Print exactly the lines below between the line holding "(w : World X) (n" and the line holding "X) × ((schedule_section i", inclusive, and nothing more.

Given entries: Begin

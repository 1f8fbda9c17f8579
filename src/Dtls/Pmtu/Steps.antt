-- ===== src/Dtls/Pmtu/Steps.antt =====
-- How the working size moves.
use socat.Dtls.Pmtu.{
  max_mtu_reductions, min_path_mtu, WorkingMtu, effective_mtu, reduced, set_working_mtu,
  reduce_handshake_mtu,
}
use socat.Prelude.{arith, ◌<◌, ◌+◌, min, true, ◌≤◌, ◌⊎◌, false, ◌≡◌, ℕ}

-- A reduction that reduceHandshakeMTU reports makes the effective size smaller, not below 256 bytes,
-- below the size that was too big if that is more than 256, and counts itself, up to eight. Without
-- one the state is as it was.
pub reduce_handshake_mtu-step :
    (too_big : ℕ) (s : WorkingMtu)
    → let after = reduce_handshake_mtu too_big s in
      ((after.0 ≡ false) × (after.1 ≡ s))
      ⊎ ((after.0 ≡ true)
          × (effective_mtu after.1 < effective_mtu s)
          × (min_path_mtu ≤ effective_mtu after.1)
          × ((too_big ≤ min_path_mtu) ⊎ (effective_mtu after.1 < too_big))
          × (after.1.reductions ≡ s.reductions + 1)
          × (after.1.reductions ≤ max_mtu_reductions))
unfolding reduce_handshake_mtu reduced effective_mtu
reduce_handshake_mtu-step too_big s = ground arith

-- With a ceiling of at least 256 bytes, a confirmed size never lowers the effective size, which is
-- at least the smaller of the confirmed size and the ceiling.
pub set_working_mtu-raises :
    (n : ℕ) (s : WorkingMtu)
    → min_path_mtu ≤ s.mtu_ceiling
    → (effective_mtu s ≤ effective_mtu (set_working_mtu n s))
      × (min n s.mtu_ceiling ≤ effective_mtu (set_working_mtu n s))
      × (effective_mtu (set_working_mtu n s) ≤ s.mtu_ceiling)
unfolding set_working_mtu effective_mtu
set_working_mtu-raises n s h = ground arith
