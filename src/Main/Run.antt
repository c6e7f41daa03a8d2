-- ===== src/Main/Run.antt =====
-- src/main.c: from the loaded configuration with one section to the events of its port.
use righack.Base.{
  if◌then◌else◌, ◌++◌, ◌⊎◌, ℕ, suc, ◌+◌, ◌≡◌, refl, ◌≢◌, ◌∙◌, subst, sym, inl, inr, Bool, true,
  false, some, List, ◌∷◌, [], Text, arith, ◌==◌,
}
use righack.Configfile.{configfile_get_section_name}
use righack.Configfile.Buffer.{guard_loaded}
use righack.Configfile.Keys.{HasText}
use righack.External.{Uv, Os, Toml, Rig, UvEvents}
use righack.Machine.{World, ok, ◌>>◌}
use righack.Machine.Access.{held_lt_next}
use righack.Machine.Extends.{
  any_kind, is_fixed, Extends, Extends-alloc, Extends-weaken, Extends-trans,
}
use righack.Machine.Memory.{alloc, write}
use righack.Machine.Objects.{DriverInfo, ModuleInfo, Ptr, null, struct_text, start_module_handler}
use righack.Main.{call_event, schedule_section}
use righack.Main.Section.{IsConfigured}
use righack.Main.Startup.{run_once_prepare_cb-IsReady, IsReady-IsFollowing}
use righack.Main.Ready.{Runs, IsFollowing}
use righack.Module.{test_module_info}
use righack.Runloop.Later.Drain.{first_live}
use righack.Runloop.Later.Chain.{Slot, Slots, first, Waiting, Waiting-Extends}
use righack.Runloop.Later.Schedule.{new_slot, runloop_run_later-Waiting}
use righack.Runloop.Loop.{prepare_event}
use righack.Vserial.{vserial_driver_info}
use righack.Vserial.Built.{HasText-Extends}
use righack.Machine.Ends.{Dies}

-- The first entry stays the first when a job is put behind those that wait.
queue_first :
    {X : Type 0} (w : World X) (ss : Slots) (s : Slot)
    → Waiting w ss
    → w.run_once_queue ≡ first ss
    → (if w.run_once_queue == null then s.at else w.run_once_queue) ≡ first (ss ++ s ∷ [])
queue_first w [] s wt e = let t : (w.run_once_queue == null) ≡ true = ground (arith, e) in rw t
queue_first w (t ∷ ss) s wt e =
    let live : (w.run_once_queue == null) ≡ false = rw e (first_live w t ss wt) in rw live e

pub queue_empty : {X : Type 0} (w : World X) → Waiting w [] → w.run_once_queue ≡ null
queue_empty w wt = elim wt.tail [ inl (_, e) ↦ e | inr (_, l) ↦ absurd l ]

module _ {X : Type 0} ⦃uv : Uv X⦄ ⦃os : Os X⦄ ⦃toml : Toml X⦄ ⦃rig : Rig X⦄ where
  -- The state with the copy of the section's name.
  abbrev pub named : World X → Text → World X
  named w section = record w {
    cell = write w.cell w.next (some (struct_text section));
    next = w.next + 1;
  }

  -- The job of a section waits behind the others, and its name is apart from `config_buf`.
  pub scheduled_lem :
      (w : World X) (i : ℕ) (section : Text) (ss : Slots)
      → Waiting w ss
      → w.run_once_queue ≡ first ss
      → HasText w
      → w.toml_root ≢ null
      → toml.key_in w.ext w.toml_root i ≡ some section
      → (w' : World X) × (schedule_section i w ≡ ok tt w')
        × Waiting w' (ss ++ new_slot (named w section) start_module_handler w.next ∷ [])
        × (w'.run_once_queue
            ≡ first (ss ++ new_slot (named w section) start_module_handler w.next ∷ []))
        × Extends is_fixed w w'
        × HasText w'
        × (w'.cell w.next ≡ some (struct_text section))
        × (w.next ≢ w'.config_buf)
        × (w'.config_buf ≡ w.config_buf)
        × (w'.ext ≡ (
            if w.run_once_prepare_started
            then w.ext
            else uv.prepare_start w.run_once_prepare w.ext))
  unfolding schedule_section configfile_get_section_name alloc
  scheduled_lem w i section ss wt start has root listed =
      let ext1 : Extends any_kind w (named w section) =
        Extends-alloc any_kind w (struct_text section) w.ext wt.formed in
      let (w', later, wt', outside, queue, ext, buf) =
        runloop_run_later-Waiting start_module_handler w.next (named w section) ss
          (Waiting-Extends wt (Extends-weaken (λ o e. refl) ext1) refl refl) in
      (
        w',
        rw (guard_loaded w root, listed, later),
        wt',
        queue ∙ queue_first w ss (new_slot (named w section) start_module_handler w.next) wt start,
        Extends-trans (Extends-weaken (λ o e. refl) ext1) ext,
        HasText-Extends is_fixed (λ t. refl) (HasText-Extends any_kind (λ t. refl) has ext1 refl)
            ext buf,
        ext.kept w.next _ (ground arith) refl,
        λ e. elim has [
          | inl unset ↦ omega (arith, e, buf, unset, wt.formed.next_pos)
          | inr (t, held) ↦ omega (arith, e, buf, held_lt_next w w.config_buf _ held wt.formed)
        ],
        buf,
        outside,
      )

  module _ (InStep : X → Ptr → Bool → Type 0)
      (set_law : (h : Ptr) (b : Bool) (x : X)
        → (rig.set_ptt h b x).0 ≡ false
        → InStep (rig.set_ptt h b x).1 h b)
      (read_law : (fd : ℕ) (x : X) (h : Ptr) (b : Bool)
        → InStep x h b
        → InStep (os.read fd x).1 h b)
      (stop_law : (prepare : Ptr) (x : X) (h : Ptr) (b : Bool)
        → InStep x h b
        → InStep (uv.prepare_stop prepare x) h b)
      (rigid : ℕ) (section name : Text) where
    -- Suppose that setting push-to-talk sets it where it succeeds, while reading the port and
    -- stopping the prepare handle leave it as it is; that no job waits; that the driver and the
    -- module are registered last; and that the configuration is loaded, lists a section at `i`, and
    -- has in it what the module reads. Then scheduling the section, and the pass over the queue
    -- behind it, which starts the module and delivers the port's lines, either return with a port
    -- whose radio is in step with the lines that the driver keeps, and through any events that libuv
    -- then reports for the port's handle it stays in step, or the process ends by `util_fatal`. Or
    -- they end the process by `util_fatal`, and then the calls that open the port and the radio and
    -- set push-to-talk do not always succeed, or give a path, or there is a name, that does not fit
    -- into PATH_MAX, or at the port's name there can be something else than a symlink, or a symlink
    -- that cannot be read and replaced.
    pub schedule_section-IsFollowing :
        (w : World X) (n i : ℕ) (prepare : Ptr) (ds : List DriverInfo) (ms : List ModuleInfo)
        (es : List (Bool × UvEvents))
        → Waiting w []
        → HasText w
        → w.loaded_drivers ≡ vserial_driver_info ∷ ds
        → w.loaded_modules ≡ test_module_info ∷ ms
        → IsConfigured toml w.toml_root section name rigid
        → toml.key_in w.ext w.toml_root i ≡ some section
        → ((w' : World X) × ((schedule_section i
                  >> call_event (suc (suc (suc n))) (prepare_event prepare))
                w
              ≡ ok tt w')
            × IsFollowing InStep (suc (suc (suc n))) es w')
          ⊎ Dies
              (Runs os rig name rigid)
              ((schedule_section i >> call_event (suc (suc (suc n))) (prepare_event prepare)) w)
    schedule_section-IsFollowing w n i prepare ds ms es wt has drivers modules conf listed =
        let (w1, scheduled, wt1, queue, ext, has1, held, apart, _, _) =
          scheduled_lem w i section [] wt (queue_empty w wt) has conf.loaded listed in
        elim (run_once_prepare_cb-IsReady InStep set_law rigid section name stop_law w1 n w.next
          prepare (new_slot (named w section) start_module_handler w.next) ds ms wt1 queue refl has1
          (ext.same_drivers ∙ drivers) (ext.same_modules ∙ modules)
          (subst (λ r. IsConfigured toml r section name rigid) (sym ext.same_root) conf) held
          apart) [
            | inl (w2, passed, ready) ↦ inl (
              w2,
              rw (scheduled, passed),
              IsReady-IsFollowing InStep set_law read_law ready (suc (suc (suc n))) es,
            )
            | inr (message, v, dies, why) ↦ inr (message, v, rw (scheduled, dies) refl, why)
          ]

Given entries: End

Task solution —
        (w : World X) (n i : ℕ) (prepare : Ptr) (ds : List DriverInfo) (ms : List ModuleInfo)
        (es : List (Bool × UvEvents))
        → Waiting w []
        → HasText w
        → w.loaded_drivers ≡ vserial_driver_info ∷ ds
        → w.loaded_modules ≡ test_module_info ∷ ms
        → IsConfigured toml w.toml_root section name rigid
        → toml.key_in w.ext w.toml_root i ≡ some section
        → ((w' : World X) × ((schedule_section i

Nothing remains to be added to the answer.